OPINION:
Uncontrolled government spending is far worse than projected just a few months ago, driving the federal budget much more deeply into debt that threatens our economy and our future standard of living. This fiscal year’s budget
deficit is expected to climb to nearly $1.5 trillion, which would be the biggest one-year deficit gap in American history, according to the nonpartisan Congressional Budget Office.
It is the result of a still weakened economy and 9 percent to 10 percent unemployment that has sharply cut federal tax revenues, and a Democratic Congress that has been on an irresponsible, nonstop spending binge for the past two years.
The previous CBO projection for fiscal 2011 was $1.3 trillion, but its latest estimates show the government’s fiscal position is worse than ever and could climb higher, according to independent analysts.
The latest report will give more weight to Republican efforts to make deep spending cuts in the remainder of this fiscal year, which ends in September, and next year’s budget as well. All revenue and spending measures must begin in the GOP-controlled House, and the Republicans will have the upper hand in driving budget policy for the next two years at least, if not beyond that.
Total government debt is now more than $14 trillion, and outside budget experts say it will continue to rise exponentially unless President Obama’s over-the-top spending policies are curtailed substantially.
How bad will our government’s fiscal position get? Brian Riedl, the Heritage Foundation’s chief budget analyst, paints the government’s grim fiscal future in a memo released last week that has become must reading on Capitol Hill. Among Mr. Riedl’s findings:
c Spending projections are actually worse than CBO’s numbers show, because of the “unrealistic assumptions that Congress requires CBO to employ to make future deficits appear smaller (such as assuming all tax cuts will expire, the AMT (alternative minimum income tax) will never again be patched and discretionary spending will remain frozen to inflation).
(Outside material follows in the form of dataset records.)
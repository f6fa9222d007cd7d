-- ===== src/Emulator/Instructions/Subroutines.antt =====
-- JSR and RTS of src/tools/hyppotest.c, one after the other.
use mega65_core.Prelude.{
  ℕ, ◌+◌, ◌-◌, ◌*◌, ◌/◌, ◌^◌, ◌<◌, ◌≡◌, ◌≢◌, refl, ap, ◌∙◌, arith, byte, word16, bit_or, word32,
  if◌then◌else◌,
}
use mega65_core.Prelude.Bits.{bit_or-add}
use mega65_core.Emulator.State.{Regs, Bus, Termination, Machine, sp}
use mega65_core.Emulator.Memory.{
  DmaController, Cell, io_action, is_mapped, map_address, cell_of, read_cell, read_memory28,
  write_cell,
}
use mega65_core.Emulator.Memory.Access.{
  IsPlain, IsFlat, flat_address, write_cell_self, write_cell_other,
}
use mega65_core.Emulator.Addressing.{addr_abs, operand16}
use mega65_core.Emulator.Stack.{set_sp, move_up, move_down, stack_pop, stack_push}
use mega65_core.Emulator.Stack.Laws.{stack_push_flat, stack_pop_after}
use mega65_core.Emulator.Instructions.Moves.{advance, set_len}
use mega65_core.Emulator.Instructions.Flow.{jsr, rts, pull_pc, count_call, count_return}

count_return-count_call : (t : Termination) → count_return (count_call t) ≡ t
unfolding count_return count_call
count_return-count_call t = ground arith

-- The registers after a move of the stack pointer.
abbrev pub down : Regs → Regs
down r =
    if r.flag_e
    then record r { spl = byte (r.spl + 256 - 1) }
    else set_sp (word16 (r.spl + r.sph * 256 + 65536 - 1)) r

abbrev up : Regs → Regs
up r =
    if r.flag_e
    then record r { spl = byte (r.spl + 1) }
    else set_sp (word16 (r.spl + r.sph * 256 + 1)) r

move_down-down :
    (m : Machine) → ((move_down m).1.regs ≡ down m.regs) × ((move_down m).1.bus ≡ m.bus)
unfolding move_down sp
move_down-down m = ground arith

move_up-up : (m : Machine) → ((move_up 1 m).1.regs ≡ up m.regs) × ((move_up 1 m).1.bus ≡ m.bus)
unfolding move_up sp
move_up-up m = ground arith

up-down :
    (r : Regs) (p : ℕ)
    → r.spl < 256
    → r.sph < 256
    → up (record (down r) { pc = p }) ≡ record r { pc = p }
up-down r p h k = ground arith

down-fits : (r : Regs) → r.spl < 256 → r.sph < 256 → ((down r).spl < 256) × ((down r).sph < 256)
down-fits r h k = ground arith

-- The cell that the stack pointer points to.
abbrev pub top_cell : Regs → Cell
top_cell r = cell_of (flat_address r (sp r))

read_cell-term :
    (s : Bus) (t : Termination) (c : Cell) → read_cell (record s { term = t }) c ≡ read_cell s c
unfolding read_cell
read_cell-term s t (Cell.hyppo i) = refl
read_cell-term s t (Cell.chip i) = refl
read_cell-term s t (Cell.colour i) = refl
read_cell-term s t (Cell.io i) = refl
read_cell-term s t Cell.unmapped = refl

-- The return address of JSR.
abbrev high_byte : Regs → ℕ
high_byte r = byte (word32 (r.pc + 2) / 2 ^ 8)

abbrev low_byte : Regs → ℕ
low_byte r = byte (word32 (r.pc + 2))

-- The registers of the stack are bytes, and its two cells below lie where reads and writes meet, only
-- store, and are not the same.
pub record CallReady (r : Regs) : Type 0 where
  pub spl_fits : r.spl < 256
  pub sph_fits : r.sph < 256
  pub first : IsFlat r (sp r)
  pub second : IsFlat (down r) (sp (down r))
  pub first_plain : IsPlain (top_cell r) (high_byte r)
  pub second_plain : IsPlain (top_cell (down r)) (low_byte r)
  pub apart : top_cell (down r) ≢ top_cell r

module _ ⦃dma : DmaController⦄ where
  write_cell-term : (c : Cell) (v : ℕ) (s : Bus) → IsPlain c v → (write_cell c v s).term ≡ s.term
  unfolding write_cell io_action
  write_cell-term (Cell.hyppo i) v s h = refl
  write_cell-term (Cell.chip i) v s h = ground arith
  write_cell-term (Cell.colour i) v s h = refl
  write_cell-term (Cell.io i) v s h = ground arith
  write_cell-term Cell.unmapped v s h = absurd h

  pushed :
      (v : ℕ) (n : Machine) (r : Regs) (s : Bus)
      → n.regs ≡ r
      → n.bus ≡ s
      → IsFlat r (sp r)
      → ((stack_push v n).1.regs ≡ down r)
        × ((stack_push v n).1.bus ≡ write_cell (top_cell r) (byte v) s)
  pushed v n r s er es flat =
      let flat' : IsFlat n.regs (sp n.regs) = rw er flat in
      rw (stack_push_flat v n flat') (
        (move_down-down _).0 ∙ ap down er,
        (move_down-down _).1
            ∙ ap (write_cell (top_cell n.regs) (byte v)) es
            ∙ ap (λ (q : Regs). write_cell (top_cell q) (byte v) s) er,
      )

  -- A pop after the stack pointer has gone down from `r`.
  popped :
      (n : Machine) (r : Regs) (p : ℕ)
      → r.spl < 256
      → r.sph < 256
      → n.regs ≡ record (down r) { pc = p }
      → IsFlat r (sp r)
      → ((stack_pop n).0 ≡ read_cell n.bus (top_cell r))
        × ((stack_pop n).1.regs ≡ record r { pc = p })
        × ((stack_pop n).1.bus ≡ n.bus)
  unfolding sp flat_address read_memory28 is_mapped map_address
  popped n r p h k e flat =
      stack_pop_after (record n { regs = n.regs }) (record r { pc = p }) n.bus
        ((move_up-up n).0 ∙ ap up e ∙ up-down r p h k) (move_up-up n).1 flat

  -- Two pops make the program counter from what lies in the two cells.
  pull_pc-popped :
      (n : Machine) (r : Regs) (p : ℕ)
      → r.spl < 256
      → r.sph < 256
      → n.regs ≡ record (down (down r)) { pc = p }
      → IsFlat r (sp r)
      → IsFlat (down r) (sp (down r))
      → let lo = read_cell n.bus (top_cell (down r)) in
        let hi = read_cell n.bus (top_cell r) in
        ((pull_pc n).1.regs ≡ record r { pc = bit_or lo (hi * 2 ^ 8) })
        × ((pull_pc n).1.bus ≡ n.bus)
  unfolding pull_pc
  pull_pc-popped n r p h k e first second =
      let (h', k') = down-fits r h k in
      let (lo, regs, bus) = popped n (down r) p h' k' e second in
      let v = (stack_pop n).0 in
      let n' = record (stack_pop n).1 { regs = record (stack_pop n).1.regs { pc = v } } in
      let (hi, regs', bus') =
        popped n' r v h k (ap (λ (q : Regs). record q { pc = v }) regs) first in
      (
        ap (λ (q : Regs). record q { pc = bit_or q.pc ((stack_pop n').0 * 2 ^ 8) }) regs' ∙ (λ i.
            record r {
              pc = bit_or (lo i) ((hi ∙ ap (λ (s : Bus). read_cell s (top_cell r)) bus) i * 2 ^ 8);
            }),
        bus' ∙ bus,
      )

  return_address :
      (r : Regs) → r.pc + 2 < 65536 → bit_or (low_byte r) (high_byte r * 2 ^ 8) ≡ r.pc + 2
  return_address r h = omega (arith, bit_or-add 8 (low_byte r) (high_byte r) (omega arith))

  -- What the two cells hold after both writes.
  slots :
      (r : Regs) (s : Bus) (t : Termination)
      → CallReady r
      → let s1 = write_cell (top_cell r) (high_byte r) s in
        let s2 = record (write_cell (top_cell (down r)) (low_byte r) s1) { term = t } in
        (read_cell s2 (top_cell (down r)) ≡ low_byte r) × (read_cell s2 (top_cell r) ≡ high_byte r)
  slots r s t c =
      let s1 = write_cell (top_cell r) (high_byte r) s in
      let s2 = write_cell (top_cell (down r)) (low_byte r) s1 in
      (
        read_cell-term s2 t (top_cell (down r))
            ∙ write_cell_self (top_cell (down r)) (low_byte r) s1 c.second_plain,
        read_cell-term s2 t (top_cell r)
            ∙ write_cell_other (top_cell (down r)) (top_cell r) (low_byte r) s1 c.second_plain
                c.apart
            ∙ write_cell_self (top_cell r) (high_byte r) s c.first_plain,
      )

  -- An RTS right after a JSR to an absolute address comes back behind the three bytes of the JSR,
  -- with all other registers, the stack pointer too, as they were before, where the stack lies in
  -- plain memory (`CallReady`) and the return address is below 65536. The termination conditions,
  -- with the count of nested calls, are as before too.
  pub rts-jsr :
      (m : Machine)
      → CallReady m.regs
      → m.regs.pc + 2 < 65536
      → let back = (rts (jsr addr_abs m).1).1 in
        (back.regs ≡ record m.regs { pc = m.regs.pc + 3 }) × (back.bus.term ≡ m.bus.term)
  unfolding rts jsr addr_abs advance set_len
  rts-jsr m c h =
      let r = m.regs in
      let s0 = record m.bus { term = count_call m.bus.term } in
      let m0 = record m { bus = s0 } in
      let s1 = write_cell (top_cell r) (high_byte r) s0 in
      let (regs1, bus1) = pushed (word32 (r.pc + 2) / 2 ^ 8) m0 r s0 refl refl c.first in
      let m1 = (stack_push (word32 (r.pc + 2) / 2 ^ 8) m0).1 in
      let (regs2, bus2) = pushed (word32 (r.pc + 2)) m1 (down r) s1 regs1 bus1 c.second in
      let m2 = (stack_push (word32 (r.pc + 2)) m1).1 in
      let a = operand16 m2 in
      let n = record m2 {
        regs = record m2.regs { pc = a };
        log = record m2.log { len = 1 };
        bus = record m2.bus { term = count_return m2.bus.term };
      } in
      let (regs3, bus3) =
        pull_pc-popped n r a c.spl_fits c.sph_fits (ap (λ (q : Regs). record q { pc = a }) regs2)
          c.first c.second in
      let t = count_return m2.bus.term in
      let kept = slots r s0 t c in
      let lo =
        ap (λ (s : Bus). read_cell (record s { term = t }) (top_cell (down r))) bus2 ∙ kept.0 in
      let hi = ap (λ (s : Bus). read_cell (record s { term = t }) (top_cell r)) bus2 ∙ kept.1 in
      let pc : word32 (r.pc + 2 + 1) ≡ r.pc + 3 = omega arith in
      (
        ap (λ (q : Regs). record q { pc = word32 (q.pc + 1) }) regs3
            ∙ (λ i. record r { pc = word32 (bit_or (lo i) (hi i * 2 ^ 8) + 1) })
            ∙ ap (λ (k : ℕ). record r { pc = word32 (k + 1) }) (return_address r h)
            ∙ ap (λ (k : ℕ). record r { pc = k }) pc,
        ap (λ (s : Bus). s.term) bus3
            ∙ ap count_return (
                ap (λ (s : Bus). s.term) bus2
                ∙ write_cell-term (top_cell (down r)) (low_byte r) s1 c.second_plain
                ∙ write_cell-term (top_cell r) (high_byte r) s0 c.first_plain)
            ∙ count_return-count_call m.bus.term,
      )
c “The ten-year deficit is actually $13.6 trillion, and annual deficits never fall below $1 trillion.”
c Ten years from now, in 2021, the budget deficit “is expected to reach $1.9 trillion, and the debt will hit nearly $25 trillion, or 104 percent” of the economy’s entire gross domestic product (GDP) - and even that assumes a return to peace and prosperity.”
c “Long-term deficits are driven by spending. Tax revenues (historically 18.0 percent of GDP) are set to climb to 18.4 percent by 2021 - even if all tax cuts are extended. Yet federal spending (historically 20.3 percent of GDP) is projected to soar to 26.4 percent by 2021. By that point, 100 percent of rising long-term deficits will result from above-average spending.”
c Spending under this administration is driving the ocean of red ink. “Since 2001, federal spending per household has expanded $21,510 to $31,206 (adjusted for inflation).”
c “Entitlements are the problem: Between 2008 and 2021, the annual cost of Social Security, Medicare and Medicaid is set to rise from $1.2 trillion to $2.2 trillion (adjusted for inflation).”
c The so-called “tax cuts for the rich” are not the overriding deficit-driver. “Letting the tax cuts expire for those earning more than $250,000 would close just 5 percent of the budget deficit over the next decade. The $736 billion price tag is a fraction of the $21 trillion cost of Social Security, Medicare and Medicaid” over the coming decade.
c “Between 2009 and 2021, the national debt would increase by $150,000 per household.” By 2021, net interest alone on the total debt would cost an astounding $1 trillion, or nearly one-half of all income tax revenues.
c “Over what would be President Obama’s eight years in office, baseline budget deficits are projected to total $9.9 trillion - triple the $3.3 trillion in deficits” accumulated by President George W. Bush.
This is the grim fiscal picture that faces the Obama administration, which nonetheless is proposing big spending increases across a large swath of the federal government, from Obamacare to more stimulus spending, more green-technology spending, more research-and-development spending and more for job training, to name just a few.
Mr. Obama won the presidency in part by attacking the deficits and debt under the Bush administration. But in 2007, the year before the recession hit, Mr. Bush’s federal budget deficit was a tame $161 billion and total spending was a relatively low $2.7 trillion - or less than 20 percent of GDP.
This year, with a supposedly recovering economy, spending under Mr. Obama is nearly $4 trillion, or more than 25 percent of GDP, and the deficit is expected to soar well over $1.5 trillion.
Ever since the Democrats took control of Congress, they have “used the recession as cover to permanently increase spending on the regulatory bureaucracy, entitlements and industrial policies by $1.1 trillion,” says University of Maryland business school economist Peter Morici.
Mr. Obama and his party got walloped in last year’s midterm election in part because voters correctly perceived a much bigger government and runaway spending as direct threats to their economic well-being.
Two years into Mr. Obama’s spendthrift presidency, that fiscal threat is worse than ever before, severely undermining the future financial security of every American and our country’s national security, too.
Donald Lambro is a syndicated columnist and former chief political correspondent for The Washington Times.